For the records that follow, give the number of lines in which the word "then" occurs, with nothing added.
--- RECORDED INFORMATION ---
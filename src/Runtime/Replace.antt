-- ===== src/Runtime/Replace.antt =====
-- src/runtime/update_cache.go, store.go: StopAll, replaceAll and UpdateCache.
use forward_stub.Config.Business.{TaskConfig}
use forward_stub.Config.Endpoint.{ReceiverConfig, SenderConfig}
use forward_stub.Pipeline.{is_empty}
use forward_stub.Prelude.{
  Bool, List, String, [], err, if◌then◌else◌, map, none, not, ok, some, ◌&&◌, ◌++◌, ◌∷◌,
}
use forward_stub.Prelude.Eq.{eq_String}
use forward_stub.Prelude.Int.{pos}
use forward_stub.Prelude.Map.{Map, insert, keys}
use forward_stub.Runtime.{Act, Live, Stored, World, always_ok, no_step, receiver_stopped, ◌&>◌}
use forward_stub.Runtime.Update.{
  RunConfig, apply_business_delta, compile_all, each_name, gc_stages, on_store, put_receiver,
  rebuild_selectors, start_receiver,
}
use forward_stub.Store.{
  Effect, SenderState, TaskState, add_task, build_failed, closed_sender, stopped_task,
}
use forward_stub.Store.Cache.{Compilation}

-- The calls of StopAll on the tasks and on the senders, one after the other.
abbrev pub stops : Map String TaskState → List Effect
stops [] = []
stops ((name, ts) ∷ tasks) = stopped_task name ∷ stops tasks

abbrev pub closes : Map String (SenderState SenderConfig) → List Effect
closes [] = []
closes ((name, ss) ∷ senders) = closed_sender ss.s ∷ closes senders

-- StopAll; the order within the receivers and within the senders is open in Go.
unfoldable pub stop_all : Live → Live
stop_all l = record l {
  store = record l.store {
    effects = l.store.effects ++ stops l.store.tasks ++ closes l.store.senders;
  };
  events = l.events ++ map receiver_stopped (keys l.receivers);
}

-- The store with the new configuration and without running objects.
unfoldable pub cleared : RunConfig → Compilation → Live → Live
unfolding gc_stages
cleared cfg compiled l = record l {
  receivers = [];
  receiver_cfg = [];
  selectors = cfg.selectors;
  task_sets = cfg.task_sets;
  pipeline_cfg = cfg.pipelines;
  store = gc_stages (record l.store {
    senders = [];
    tasks = [];
    pipelines = compiled.0;
    pipeline_stage_sigs = compiled.1;
  });
}

module _ (w : World) where
  -- The loop that builds the senders.
  unfoldable pub build_senders : Map String SenderConfig → Act Stored
  build_senders [] = no_step
  build_senders ((name, sc) ∷ next) = elim (w.build_sender name sc) [
    | none ↦ (λ st. (err (build_failed name), st))
    | some s ↦
        always_ok (λ st. record st {
          senders = insert name (record { name = name; cfg = sc; s = s; refs = pos 0 }) st.senders;
        })
        &> build_senders next
  ]

  -- The loop that adds the tasks.
  unfoldable pub add_all : Map String TaskConfig → Act Stored
  add_all [] = no_step
  add_all ((name, tc) ∷ tasks) = add_task (w.starts name) name tc &> add_all tasks

  -- The loop that builds the receivers.
  unfoldable pub build_receivers : Map String ReceiverConfig → Act Live
  build_receivers [] = no_step
  build_receivers ((name, rc) ∷ next) =
      if w.build_receiver name rc
      then always_ok (put_receiver name rc) &> build_receivers next
      else (λ l. (err (build_failed name), l))

  -- replaceAll behind the compilation.
  unfoldable pub rebuild_all : RunConfig → Compilation → Act Live
  unfolding build_senders add_all build_receivers rebuild_selectors
  rebuild_all cfg compiled =
      always_ok (cleared cfg compiled)
      &> on_store (build_senders cfg.senders)
      &> on_store (add_all cfg.tasks)
      &> rebuild_selectors
      &> build_receivers cfg.receivers
      &> rebuild_selectors
      &> always_ok (each_name start_receiver (keys cfg.receivers))

  -- replaceAll
  unfoldable pub replace_all : RunConfig → Act Live
  unfolding rebuild_all
  replace_all cfg l =
      let stopped = stop_all l in
      let (r, st) = compile_all w cfg.pipelines stopped.store in
      elim r [
        | err e ↦ (err e, record stopped { store = st })
        | ok c ↦ rebuild_all cfg c (record stopped { store = st })
      ]

  -- canApplyBusinessDelta
  abbrev pub can_apply_business_delta : Live → Bool
  can_apply_business_delta l =
      not (is_empty l.receivers && is_empty l.store.senders && is_empty l.store.tasks)

  -- UpdateCache
  unfoldable pub update_cache : RunConfig → Act Live
  unfolding replace_all
  update_cache cfg l =
      if can_apply_business_delta l then apply_business_delta w cfg l else replace_all cfg l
---
# REPLY TO THE TASK
3